En ese marco, la acción del virus ha abierto una tregua en el curso de una economía de guerra. Por un tiempo, la paz volvió a la Tierra.  Por todos lados, tras esta parálisis, en un brevísimo lapso de tiempo, han proliferado indicadores y noticias reveladoras de la increíble recuperación de la salud biosférica. Aquí, sí estamos ante una gran paradoja: un microorganismo que constituye una amenaza a nuestra salud ha desatado un gran Jubileo de la Tierra; los cielos se han despejado y las aguas se han vuelto cristalinas.

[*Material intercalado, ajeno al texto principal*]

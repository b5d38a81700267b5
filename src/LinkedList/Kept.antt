-- ===== src/LinkedList/Kept.antt =====
-- Histories of a list of Uruv/LF_LL.h in a later store, which keeps the objects of the old one.
use uruv.Common.{ℕ, ◌≡◌, ◌≢◌, refl, ◌∙◌, none, true, ◌&&◌, ◌++◌, leb, if◌then◌else◌, List, [], ◌∷◌}
use uruv.Store.{Store, is_object}
use uruv.LinkedList.Stamps.{latest, stamp}
use uruv.LinkedList.Snapshot.{History, value_at, newest, entry, snapshot}

-- `t` has the objects of `s` with their keys, values and timestamps, up to timestamps that are new.
pub record Kept (s t : Store) : Type 0 where
  pub objects : (a : ℕ) → is_object a s ≡ true → is_object a t ≡ true
  pub keys : (a : ℕ) → is_object a s ≡ true → t.key a ≡ s.key a
  pub values : (a : ℕ) → is_object a s ≡ true → t.value a ≡ s.value a
  pub nextvs : (a : ℕ) → is_object a s ≡ true → t.nextv a ≡ s.nextv a
  pub stamps :
      (a : ℕ) → is_object a s ≡ true → stamp (latest t) (t.ts a) ≡ stamp (latest s) (s.ts a)
  pub set : (a : ℕ) → is_object a s ≡ true → s.ts a ≢ none → t.ts a ≢ none

pub History-is_object :
    (s : Store) (v : ℕ) (older : List ℕ) → History s v older → is_object v s ≡ true
History-is_object s v [] (ok, _) = ok
History-is_object s v (w ∷ older) (ok, _, _, _) = ok

module _ (s t : Store) (kept : Kept s t) where
  pub kept-History : (v : ℕ) (older : List ℕ) → History s v older → History t v older
  kept-History v [] (ok, next) = (kept.objects v ok, kept.nextvs v ok ∙ next)
  kept-History v (w ∷ older) (ok, next, set, rest) = (
    kept.objects v ok,
    kept.nextvs v ok ∙ next,
    kept.set w (History-is_object s w older rest) set,
    kept-History w older rest,
  )

  pub kept-value_at :
      (ts v : ℕ) (older : List ℕ)
      → History s v older
      → value_at t ts v older ≡ value_at s ts v older
  kept-value_at ts v [] (ok, next) = rw (kept.stamps v ok, kept.values v ok) refl
  kept-value_at ts v (w ∷ older) (ok, next, set, rest) =
      rw (kept.stamps v ok, kept.values v ok, kept-value_at ts w older rest) refl

-- What one node adds to a snapshot.
abbrev pub item : Store → (ℕ → List ℕ) → (ts low high b : ℕ) → List (ℕ × ℕ)
item s older ts low high b =
    if leb low (s.key b) && leb (s.key b) high
    then entry (s.key b) (value_at s ts (newest s b) (older b))
    else []

pub snapshot-cons :
    (s : Store) (older : ℕ → List ℕ) (ts low high b : ℕ) (nodes : List ℕ)
    → nodes ≢ []
    → snapshot s older ts low high (b ∷ nodes)
      ≡ item s older ts low high b ++ snapshot s older ts low high nodes
snapshot-cons s older ts low high b [] some_node = absurd (some_node refl)
snapshot-cons s older ts low high b (d ∷ nodes) some_node = refl

-- A list in which every node has its key and adds the same.
module _ (s t : Store) (before after : ℕ → List ℕ) (ts low high : ℕ) where
  abbrev pub Same : List ℕ → Type 0
  Same [] = Unit {0}
  Same (b ∷ nodes) = (item t after ts low high b ≡ item s before ts low high b) × Same nodes

  pub Same-snapshot :
      (nodes : List ℕ)
      → Same nodes
      → snapshot t after ts low high nodes ≡ snapshot s before ts low high nodes
  Same-snapshot [] same = refl
  Same-snapshot (b ∷ []) same = refl
  Same-snapshot (b ∷ d ∷ nodes) (e, same) = rw (e, Same-snapshot (d ∷ nodes) same) refl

En todas las grandes ciudades, los niveles de concentración de CO2 y de otros gases contaminantes se han reducido significativamente; lo mismo ha sucedido con ríos y riberas marítimas. La vida silvestre ha empezado a salir tímidamente del confinamiento secular y cada vez más asfixiante a la que la tenemos sometida. En cuanto a nuestra especie, la aritmética epidemiológica no es lineal: a las tasas y números absolutos de morbilidad y mortalidad del covid-19, deberíamos considerar también los millares de muertes, de accidentes y de agentes patógenos que se han evitado a consecuencia del virus. La respiración puede ser una vía de contagio; y paradójicamente, eso que puede infectarnos ha purificado también -al menos estos días- el aire que oxigena nuestras células.

Los orígenes del virus

Se trata, entonces, de la necesidad epocal de poner en cuestión una economía que nos enferma y que nos mata. Entender la etiología profunda del coronavirus lleva, por un lado, a ver los motivos inmediatos, directos y concretos que explican los detonantes específicos de esta pandemia. Pero, también, permiten echar luz sobre los factores estructurales, generales y de larga duración que la incubaron.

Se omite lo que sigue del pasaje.